I pack up my laptop and head to a newer coffee shop, the kind of hip, minimalist-modern place that didn’t exist yet when I was growing up.
I’m glad to have the shame factor of being in public to keep me from looking up Leon to see if he’s on Instagram.
Instead, I open a blank Google Doc and type the words Game Plan .
Then I stare at them while my coffee gets cold.

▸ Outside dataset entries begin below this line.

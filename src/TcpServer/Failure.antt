-- ===== src/TcpServer/Failure.antt =====
-- net/acceptor.cpp with net/tcp_server.cpp: what becomes of an `accept` that fails.
use xweb.Prelude.{◌^◌, ltb, Yields, ℕ, suc, ◌≡◌, refl, Option, true, ◌>>=◌, ◌∷◌}
use xweb.Prelude.Int.{negsuc}
use xweb.Socket
use xweb.Acceptor.{Acceptor, handle_conn, int_bits}
use xweb.TcpConnection.{TcpConnection, is_connected}
use xweb.TcpServer.{TcpServer, add_connection, connection_name}
use xweb.TcpServer.Connections.{Inv, add_connection_refines}

-- A failed `accept` reaches a server like any other: with its connection callback set and a name
-- left, it keeps one more connected connection, over the descriptor -1 or whatever `accept`
-- returned.
pub add-accept_failed :
    {A : Type 0} (a : Acceptor) (n : ℕ) (addr unset : A) (s : TcpServer) (active : ℕ)
    → Inv s
    → s.has_connection ≡ true
    → ltb (suc s.next_conn_id) (2 ^ 31) ≡ true
    → (handle_conn a true (negsuc n) addr unset ≡ Option.some (int_bits (negsuc n), unset))
      × Yields
          (handle_conn a true (negsuc n) addr unset >>= λ r. add_connection s true r.0 active)
          (λ t.
            (c : TcpConnection) × (t.conn_map
              ≡ (connection_name s.port s.next_conn_id, c) ∷ s.conn_map)
            × (is_connected c.state ≡ true))
unfolding handle_conn Socket.accept
add-accept_failed a n addr unset s active i has fits =
    let (t, made, (inv, (c, joined, connected))) =
      add_connection_refines s (int_bits (negsuc n)) active i has fits in
    (refl, (t, made, (c, joined, connected)))
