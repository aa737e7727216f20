-- ===== src/TcpServer/Serve.antt =====
-- net/tcp_server.cpp with net/tcp_connection.cpp and net/linux/epoller.cpp: a server over any
-- sequence of what can happen to it and to its connections.
use xweb.Prelude.{
  ◌^◌, ltb, Yields, ℕ, suc, ◌≡◌, refl, List, [], ◌∷◌, Option, none, some, Bool, true, false, ◌>>=◌,
  Bool-cases, inl, inr, All, length,
}
use xweb.Prelude.Int.{ℤ}
use xweb.Prelude.Map.{find, find-erase, All-erase, find-All, assign}
use xweb.Buffer.{content}
use xweb.Epoller.{active_events, epollin}
use xweb.Channel.{has_flag}
use xweb.Buffer.Transfer.{got}
use xweb.TcpConnection.{TcpConnection, WriteResult, is_disconnected}
use xweb.TcpConnection.Send.{Plausible}
use xweb.TcpConnection.Read.{Readable}
use xweb.TcpConnection.Lifecycle.{destroy-late}
use xweb.TcpConnection.Run.{Fits, FitsOldest}
use xweb.TcpConnection.Run.Handlers.{
  handle_channel-end, Sound, handle_channel-Sound, send-Sound, shutdown-Sound, run_oldest-Sound,
  established-Sound,
}
use xweb.TcpServer.{
  TcpServer, Name, name_discrete, add_connection, Action, ready, sends, shuts, runs, act, settle,
  handle, remove_connection, connection_name, new_server,
}
use xweb.TcpServer.Connections.{Inv, IsLive, Entry, handle-Inv, add-Inv}

-- A new socket, with the garbage of its channel, or an action of a connection.
pub data Event : Type 0 where
  accepts : ℕ → ℕ → Event
  acts : Name → Action → Event

unfoldable pub step : TcpServer → Event → Option TcpServer
unfolding add_connection handle
step s (accepts sockfd active) = add_connection s true sockfd active
step s (acts name action) = handle s name action

pub serve : TcpServer → List Event → Option TcpServer
unfolding step
serve s [] = some s
serve s (e ∷ es) = step s e >>= λ s'. serve s' es

-- A message has room, and a result is one that the call can have for it; `active` is what `poll`
-- stores for a report of the kernel.
pub Doable : TcpConnection → Action → Type 0
Doable c (ready active read write) =
    ((reported : ℕ) × (active ≡ active_events c.channel reported))
    × Readable c read
    × Plausible write (length (content c.output_buffer))
Doable c (sends in_loop ds result) = Fits c ds result
Doable c (shuts in_loop) = Unit {0}
Doable c (runs result) = FitsOldest c c.pending result

-- The counter of the names stays below the largest int, and a connection is one that the server
-- has.
pub CanHappen : TcpServer → Event → Type 0
unfolding Doable
CanHappen s (accepts sockfd active) = ltb (suc s.next_conn_id) (2 ^ 31) ≡ true
CanHappen s (acts name action) =
    (c : TcpConnection) × (find name_discrete s.conn_map name ≡ some c) × Doable c action

unfoldable pub AllCanHappen : TcpServer → List Event → Type 0
unfolding CanHappen step
AllCanHappen s [] = Unit {0}
AllCanHappen s (e ∷ es) =
    CanHappen s e × elim (step s e) [ none ↦ Unit {0} | some s' ↦ AllCanHappen s' es ]

pub SoundEntry : Name × TcpConnection → Type 0
SoundEntry e = Sound e.1

pub AllSound : TcpServer → Type 0
AllSound s = (s.has_connection ≡ true) × All SoundEntry s.conn_map

act-Sound :
    (c : TcpConnection) (action : Action)
    → Sound c
    → IsLive c
    → Doable c action
    → Yields (act c action) Sound
unfolding act Doable IsLive
act-Sound c (ready active read write) s live ((reported, e), r, w) =
    rw e (handle_channel-Sound c reported read write s live r w)
act-Sound c (sends in_loop ds result) s live h = send-Sound c s in_loop ds result h
act-Sound c (shuts in_loop) s live h = shutdown-Sound c s in_loop
act-Sound c (runs result) s live h = run_oldest-Sound c s result h

settle-AllSound :
    (s : TcpServer) (name : Name) (c : TcpConnection)
    → AllSound s
    → Sound c
    → Yields (settle s name c) AllSound
unfolding settle AllSound remove_connection assign SoundEntry
settle-AllSound s name c (has, all) sound = elim (Bool-cases (is_disconnected c.state)) [
  | inl over ↦ (
    remove_connection s name,
    rw (over, destroy-late c over) refl,
    (has, All-erase name_discrete SoundEntry s.conn_map name all),
  )
  | inr live ↦ (
    record s { conn_map = assign name_discrete s.conn_map name c },
    rw live refl,
    (has, (sound, All-erase name_discrete SoundEntry s.conn_map name all)),
  )
]

step-AllSound :
    (s : TcpServer) (e : Event) → Inv s → AllSound s → CanHappen s e → Yields (step s e) AllSound
unfolding step CanHappen add_connection handle AllSound assign SoundEntry Inv Entry
step-AllSound s (accepts sockfd active) i (has, all) fits =
    let (c, made, (sound, connected)) =
      established-Sound active sockfd s.has_write_complete false in
    let name = connection_name s.port s.next_conn_id in
    (
      record s {
        next_conn_id = suc s.next_conn_id;
        conn_map = assign name_discrete s.conn_map name c;
      },
      rw (fits, made, has) refl,
      (has, (sound, All-erase name_discrete SoundEntry s.conn_map _ all)),
    )
step-AllSound s (acts name action) i a (c, found, doable) =
    let entry = find-All name_discrete (Entry s.port s.next_conn_id) s.conn_map name c i found in
    let sound = find-All name_discrete SoundEntry s.conn_map name c a.1 found in
    let (c', made, sound') = act-Sound c action sound entry.1 doable in
    let (t, settled, a') = settle-AllSound s name c' a sound' in (t, rw (found, made) settled, a')

step-Inv : (s t : TcpServer) (e : Event) → step s e ≡ some t → Inv s → Inv t
unfolding step
step-Inv s t (accepts sockfd active) h i = add-Inv s t true sockfd active h i
step-Inv s t (acts name action) h i = handle-Inv s t name action h i

pub serve_total :
    (es : List Event) (s : TcpServer)
    → Inv s
    → AllSound s
    → AllCanHappen s es
    → Yields (serve s es) (λ t. Inv t × AllSound t)
unfolding serve AllCanHappen
serve_total [] s i a h = (s, refl, (i, a))
serve_total (e ∷ es) s i a (now, later) =
    let (s1, made, a1) = step-AllSound s e i a now in
    let later1 : AllCanHappen s1 es = rw made at later in
    let (t, served, done) = serve_total es s1 (step-Inv s s1 e made i) a1 later1 in
    (t, rw made served, done)

-- From a new server with its connection callback set, any sequence of accepted sockets, of
-- reports of the poller and of sends, shutdowns and queued functors of the connections that it
-- has, whose messages have room, whose results are ones that the calls can have and whose names
-- stay below the largest int, runs without a failed `assert`; every connection that the server
-- then has is connected or disconnecting, has one of the names that it gave, has the write flag
-- exactly when output waits, and is known to the poller by its mask.
pub serve_complete :
    (port : ℤ) (has_write_complete : Bool) (es : List Event)
    → AllCanHappen (new_server port true has_write_complete) es
    → Yields
        (serve (new_server port true has_write_complete) es)
        (λ s. Inv s × All SoundEntry s.conn_map)
unfolding new_server Inv AllSound
serve_complete port has_write_complete es h =
    let (s, served, (i, a)) =
      serve_total es (new_server port true has_write_complete) tt (refl, tt) h in
    (s, served, (i, a.1))

-- With the invariants of a server and of a connection that it has, a report of a readable socket
-- whose stream is at its end is handled without a failed `assert`, and removes the connection,
-- which is then destroyed, whatever functors wait for it in the loop: the server has no connection
-- of that name, for them or for another event.
pub close-Absent :
    (s : TcpServer) (name : Name) (c : TcpConnection) (reported : ℕ) (write : WriteResult)
    → Inv s
    → Sound c
    → find name_discrete s.conn_map name ≡ some c
    → has_flag reported epollin ≡ true
    → Yields (handle s name (ready (active_events c.channel reported) (got []) write)) (λ t.
      (t ≡ remove_connection s name)
      × (find name_discrete t.conn_map name ≡ none)
      × ((action : Action) → handle t name action ≡ none))
unfolding handle act settle remove_connection Inv Entry IsLive
close-Absent s name c reported write i sound found readable =
    let entry = find-All name_discrete (Entry s.port s.next_conn_id) s.conn_map name c i found in
    let (c', made, over) = handle_channel-end c reported write sound entry.1 readable in
    let gone = find-erase name_discrete s.conn_map name in
    (
      remove_connection s name,
      rw (found, made, over, destroy-late c' over) refl,
      (refl, gone, λ action. rw gone refl),
    )
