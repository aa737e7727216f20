-- ===== src/TcpServer/Tests.antt =====
-- A server on port 80, and one with a connection.
use xweb.Prelude.{
  arith, ◌*◌, List, [], All, ◌^◌, ltb, suc, Yields, ◌≡◌, refl, ◌∷◌, some, none, true, false, length,
  ◌==◌, if◌then◌else◌,
}
use xweb.Prelude.Int.{pos}
use xweb.Prelude.Map.{find, assign}
use xweb.Buffer.Transfer.{got, read_fd, iov_room}
use xweb.Channel.{handle_event, set_active_event, has_flag, new_channel, is_writing}
use xweb.Epoller.{active_events}
use xweb.TcpConnection.Run.{Good, run_oldest, Fits, FitsOldest}
use xweb.Prelude.Memory.{copy_to}
use xweb.Buffer.{fresh, readable_bytes, content}
use xweb.TcpConnection.Run.Handlers.{Sound}
use xweb.TcpConnection.Watch.{last_mask, all_low}
use xweb.Buffer.Append.{fresh-IsValid}
use xweb.Buffer.Invariant.{length-content}
use xweb.TcpConnection.Read.{Readable}
use xweb.TcpConnection.Send.{Plausible}
use xweb.LogStream.{convert}
use xweb.TcpConnection.{
  StateE, Task, Effect, wrote, new_connection, connect_established, handle_channel, run_handler,
  send, destroy, TcpConnection,
}
use xweb.TcpServer
use xweb.TcpServer.{
  Action, TcpServer, name_discrete, new_server, add_connection, connection_name, Name, ready, sends,
  runs, handle, act, settle, remove_connection, Reach, here, accepted,
}
use xweb.TcpServer.Serve.{
  Event, accepts, acts, serve, SoundEntry, AllCanHappen, serve_complete, close-Absent,
}
use xweb.TcpServer.Connections.{Inv, Entry, IsLive, add_connection_refines, Reach-Inv, destroy-Inv}

abbrev server : TcpServer
server = new_server (pos 80) true true

server-Inv : Inv server
unfolding Inv new_server
server-Inv = tt

server-connects : server.has_connection ≡ true
unfolding new_server
server-connects = refl

server-counts : ltb (suc server.next_conn_id) (2 ^ 31) ≡ true
unfolding new_server
server-counts = refl

busy_server : TcpServer
busy_server = (add_connection_refines server 5 0 server-Inv server-connects server-counts).0

busy_server-Reach : Reach (new_server (pos 80) true true) busy_server
unfolding busy_server
busy_server-Reach =
    accepted true 5 0 here
      (add_connection_refines server 5 0 server-Inv server-connects server-counts).1

Reach-Inv_example :
    Inv busy_server
    × (find name_discrete busy_server.conn_map
          (connection_name busy_server.port busy_server.next_conn_id)
        ≡ none)
Reach-Inv_example = Reach-Inv (pos 80) true true busy_server busy_server-Reach

busy_server-Inv : Inv busy_server
busy_server-Inv = (Reach-Inv (pos 80) true true busy_server busy_server-Reach).0

destroy-Inv_example :
    TcpServer.destroy busy_server true
    ≡ (if length busy_server.conn_map == 0 then some tt else none)
destroy-Inv_example = destroy-Inv busy_server busy_server-Inv

-- A connection comes, its peer sends "hi", another thread answers, the loop runs that functor, and
-- the peer closes.
abbrev conn_name : Name
conn_name = b'8' ∷ b'0' ∷ b'#' ∷ b'0' ∷ []

abbrev events : List Event
events =
    accepts 5 0
    ∷ acts conn_name (ready 2 (got (b'h' ∷ b'i' ∷ [])) (wrote 0))
    ∷ acts conn_name (sends false (b'!' ∷ []) (wrote 0))
    ∷ acts conn_name (runs (wrote 1))
    ∷ acts conn_name (ready 2 (got []) (wrote 0))
    ∷ accepts 5 0
    ∷ []

serve_complete_example :
    Yields (serve (new_server (pos 80) true true) events) (λ s. Inv s × All SoundEntry s.conn_map)
unfolding AllCanHappen new_server name_discrete find assign convert new_connection
    connect_established handle_channel run_handler run_oldest send destroy handle_event
    set_active_event active_events new_channel read_fd copy_to fresh readable_bytes Readable
    Plausible iov_room content Fits FitsOldest
serve_complete_example = serve_complete (pos 80) true events (
  refl,
  (
    (_, refl, ((1, refl), (omega arith, omega arith), omega arith)),
    (
      (_, refl, (omega arith, omega arith)),
      (
        (_, refl, (omega arith, omega arith)),
        ((_, refl, ((1, refl), (omega arith, omega arith), omega arith)), (refl, tt)),
      ),
    ),
  ),
)

-- A connection for which another thread queued a message.
abbrev waiting_conn : TcpConnection
waiting_conn = record {
  channel = record (new_channel 0 5 false) { events = 2; last_events = 2 };
  high_water_mark = 64 * 1024 * 1024;
  state = StateE.connected;
  has_write_complete = true;
  has_high_water = false;
  input_buffer = fresh;
  output_buffer = fresh;
  pending = Task.send_task (b'!' ∷ []) ∷ [];
  effects = Effect.update_channel 2 ∷ Effect.connection_callback ∷ [];
}

waiting_conn-Sound : Sound waiting_conn
unfolding Good is_writing has_flag new_channel last_mask all_low fresh content
waiting_conn-Sound = record {
  good = (
    record {
      valid = fresh-IsValid.0;
      mask = omega arith;
      idle = λ e. omega (arith, length-content fresh-IsValid.0);
      busy = λ e. absurd (ground (arith, e));
    },
    fresh-IsValid.0,
  );
  synced = record { last = refl; masks = refl; low = omega arith; connects = refl };
}

abbrev waiting_server : TcpServer
waiting_server = record server { next_conn_id = 1; conn_map = (conn_name, waiting_conn) ∷ [] }

waiting_server-Inv : Inv waiting_server
unfolding Inv Entry IsLive connection_name convert new_server
waiting_server-Inv = (((0, omega arith, refl), refl), tt)

close-Absent_example :
    Yields
      (handle waiting_server conn_name
        (ready (active_events waiting_conn.channel 1) (got []) (wrote 0)))
      (λ t.
        (t ≡ remove_connection waiting_server conn_name)
        × (find name_discrete t.conn_map conn_name ≡ none)
        × ((action : Action) → handle t conn_name action ≡ none))
unfolding find name_discrete has_flag
close-Absent_example =
    close-Absent waiting_server conn_name waiting_conn 1 (wrote 0) waiting_server-Inv
      waiting_conn-Sound refl refl
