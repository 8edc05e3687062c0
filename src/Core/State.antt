-- ===== src/Core/State.antt =====
-- The state that the core service reads and writes, and the writes to the outbox and the brokers
-- that several handlers share.
use devops_lab.Prelude.{
  ℕ, Bool, true, false, ◌&&◌, String, List, [], ◌∷◌, ◌++◌, ◌==◌, nat_eq, string_eq, not,
  if◌then◌else◌,
}
use devops_lab.Services.{Prisma, Redis}
use devops_lab.Core.Rows.{
  LabSession, User, Org, Challenge, OutboxEvent, Message, Queue, Key, same_message,
}

-- The tables, Redis (whose values are identifiers), and what the brokers have been sent.
pub record Core (P : Prisma) (R : Redis Key ℕ) : Type 0 where
  pub users : P.Table User
  pub orgs : P.Table Org
  pub challenges : P.Table Challenge
  pub sessions : P.Table LabSession
  pub outbox : P.Table OutboxEvent
  pub kv : R.Kv
  pub kafka : List Message
  pub rabbit : List (Queue × Message)

-- Whether each call of a broker, and the update that follows, returns or throws.
pub record Delivery : Type 0 where
  pub kafka_ok : Bool
  pub rabbit_ok : Bool
  pub mark_ok : Bool

unfoldable pub outbox_row : ℕ → String → Message → ℕ → OutboxEvent
outbox_row id event_type payload now = record {
  id = id;
  event_type = event_type;
  payload = payload;
  created_at = now;
  processed = false;
  retry_count = 0;
  failed = false;
}

-- The `where` of the update that marks an event which was published at once.
abbrev pub undelivered : String → Message → OutboxEvent → Bool
undelivered event_type payload e =
    e.event_type == event_type && (same_message e.payload payload && not e.processed)

abbrev pub mark_processed : OutboxEvent → OutboxEvent
mark_processed e = record e { processed = true }

module _ (P : Prisma) (R : Redis Key ℕ) where
  -- Emit to Kafka, publish to RabbitMQ, mark the outbox event; the first call that throws ends it,
  -- and the handler goes on.
  unfoldable pub publish_inline : Delivery → String → Queue → Message → Core P R → Core P R
  publish_inline d event_type queue payload s =
      let emitted = record s { kafka = s.kafka ++ payload ∷ [] } in
      let published = record emitted { rabbit = s.rabbit ++ (queue, payload) ∷ [] } in
      let marked = record published {
        outbox = P.update_many (undelivered event_type payload) mark_processed s.outbox;
      } in
      if d.kafka_ok
      then (if d.rabbit_ok then (if d.mark_ok then marked else published) else emitted)
      else s
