-- ===== src/Core/Poller.antt =====
-- services/core/src/plugins/outbox-poller.ts: one cycle of the outbox poller, with its circuit
-- breaker. A row's identifier is its primary key.
pub mod Backoff
pub mod Retries
pub mod Keyed
pub mod Guarantee
pub mod Batches
pub mod Drain
use devops_lab.Prelude.{
  ℕ, ◌+◌, ◌*◌, min, Bool, true, false, ◌&&◌, ◌||◌, not, List, [], ◌∷◌, ◌++◌, nat_eq, string_eq,
  ◌==◌, String, ltb, leb, take, if◌then◌else◌,
}
use devops_lab.Services.{Prisma, Redis}
use devops_lab.Core.Rows.{
  OutboxEvent, Message, session_started, session_ended, other, Queue, provision_sandbox,
  terminate_sandbox, Key, is_started_type, is_ended_type,
}
use devops_lab.Core.State.{Core, mark_processed}

pub record Breaker : Type 0 where
  pub circuit_open_until : ℕ
  pub consecutive_failures : ℕ
  pub backoff_ms : ℕ

abbrev pub batch_size : ℕ
batch_size = 10

abbrev pub max_backoff_ms : ℕ
max_backoff_ms = 60000

-- A broker's call that is raced against five seconds: it returns, it throws with nothing sent, or
-- the time passes although the message is sent.
pub data Publish : Type 0 where
  acked lost late : Publish

-- What one event meets: the two brokers, the update to `processed`, and in the `catch` the update of
-- the retry counter and the clock.
pub record Attempt : Type 0 where
  pub kafka : Publish
  pub rabbit : Publish
  pub mark_ok : Bool
  pub retry_ok : Bool
  pub failed_at : ℕ

abbrev pub is_acked : Publish → Bool
is_acked acked = true
is_acked _ = false

abbrev pub is_sent : Publish → Bool
is_sent lost = false
is_sent _ = true

-- `payload["requiredProvider"] || "docker"`
abbrev pub provider_of : Message → String
provider_of (session_started p) =
    if p.required_provider == "" then "docker" else p.required_provider
provider_of (session_ended id reason) = "docker"
provider_of (other n) = "docker"

abbrev pub queue_of : OutboxEvent → Queue
queue_of e =
    if is_started_type e.event_type
    then provision_sandbox (provider_of e.payload)
    else terminate_sandbox

abbrev pub same_id : OutboxEvent → OutboxEvent → Bool
same_id e r = r.id == e.id

-- `data: { retryCount: nextRetry, failed: isFailed }`, from the row as it was read.
abbrev pub record_failure : OutboxEvent → OutboxEvent → OutboxEvent
record_failure e r = record r {
  retry_count = e.retry_count + 1;
  failed = leb 5 (e.retry_count + 1);
}

abbrev pub is_pending : OutboxEvent → Bool
is_pending e = not e.processed && not e.failed

unfoldable pub reset : Breaker → Breaker
reset b = record b { consecutive_failures = 0; backoff_ms = 5000 }

-- The failure of one event: counted, and the circuit opened at the third in a row.
unfoldable pub trip : ℕ → Breaker → Breaker
trip failed_at b =
    let failures = b.consecutive_failures + 1 in
    if leb 3 failures
    then (record {
      circuit_open_until = failed_at + b.backoff_ms;
      consecutive_failures = failures;
      backoff_ms = min (b.backoff_ms * 2) max_backoff_ms;
    })
    else record b { consecutive_failures = failures }

module _ (P : Prisma) (R : Redis Key ℕ) where
  -- The two publications of an event of a session, Kafka first; an event of any other type is
  -- published nowhere. The test is whether nothing threw.
  unfoldable pub send : Attempt → OutboxEvent → Core P R → Core P R × Bool
  send a e s =
      let emitted = record s { kafka = s.kafka ++ e.payload ∷ [] } in
      let published = record emitted { rabbit = s.rabbit ++ (queue_of e, e.payload) ∷ [] } in
      if is_started_type e.event_type || is_ended_type e.event_type
      then (if is_acked a.kafka
          then (if is_sent a.rabbit then published else emitted, is_acked a.rabbit)
          else (if is_sent a.kafka then emitted else s, false))
      else (s, true)

  -- One turn of the loop; the last part says whether the loop goes on. An update in the `catch` that
  -- throws ends the cycle.
  unfoldable pub deliver_one :
      Attempt → OutboxEvent → Core P R → Breaker → Core P R × Breaker × Bool
  unfolding send reset trip
  deliver_one a e s b =
      let (s', returned) = send a e s in
      let done = record s' { outbox = P.update_many (same_id e) mark_processed s'.outbox } in
      let retried = record s' { outbox = P.update_many (same_id e) (record_failure e) s'.outbox } in
      if returned && a.mark_ok
      then (done, reset b, true)
      else (if a.retry_ok
          then (retried, trip a.failed_at b, not (leb 3 (b.consecutive_failures + 1)))
          else (s', record b { consecutive_failures = b.consecutive_failures + 1 }, false))

  unfoldable pub deliver_all :
      (OutboxEvent → Attempt) → List OutboxEvent → Core P R → Breaker → Core P R × Breaker
  unfolding deliver_one
  deliver_all a [] s b = (s, b)
  deliver_all a (e ∷ es) s b =
      let (s', b', go_on) = deliver_one (a e) e s b in
      let rest = deliver_all a es s' b' in if go_on then rest else (s', b')

  -- One cycle, at a time; `ready` is false if the Kafka producer is not initialised.
  unfoldable pub poll : (OutboxEvent → Attempt) → ℕ → Bool → Core P R → Breaker → Core P R × Breaker
  unfolding deliver_all
  poll a now ready s b =
      if ltb now b.circuit_open_until
      then (s, b)
      else (if ready
          then deliver_all a (take batch_size (P.find_many is_pending s.outbox)) s b
          else (s, b))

What the fuck do I do next?
That question has been answered for me basically ever since Cooper Abbot appeared in Senator Knight’s campaign office for the third time in a week and said, “Cassidy, right?” I was twenty-two, about to graduate college, and scared out of my mind about the lack of direction I had for my future.
I had thought DC might be a good place to be ambitious, but I didn’t actually like working on the campaign all that much; I hadn’t especially liked any of my previous internships either.
What I did like was the way I felt when Cooper—polished, successful, charismatic—looked at me like I was worth paying attention to.
So I followed that impulse straight into a national scandal that landed my name on the front page of The Washington Post .
From there, my options were practically nonexistent.
Who would hire me? I spent a miserable nine months depressed and underemployed in DC, scared that fleeing to California would only cement my banishment.
On a day when I was sure I had already hit rock bottom, I went out for coffee and ran into Maya McPherson—Cooper’s by-then ex-wife, the woman he’d been cheating on during our affair.
I’d braced myself for the private version of the lashing I’d been given publicly, but it never came.
She was profoundly, almost radically, empathetic, and ultimately she was the one who turned my life around.
A few months after our run-in, Maya connected me with KIB, and the nonprofit hired me as an ambassador: a spokeswoman who could share authentically and openly about my experiences with cyberbullying.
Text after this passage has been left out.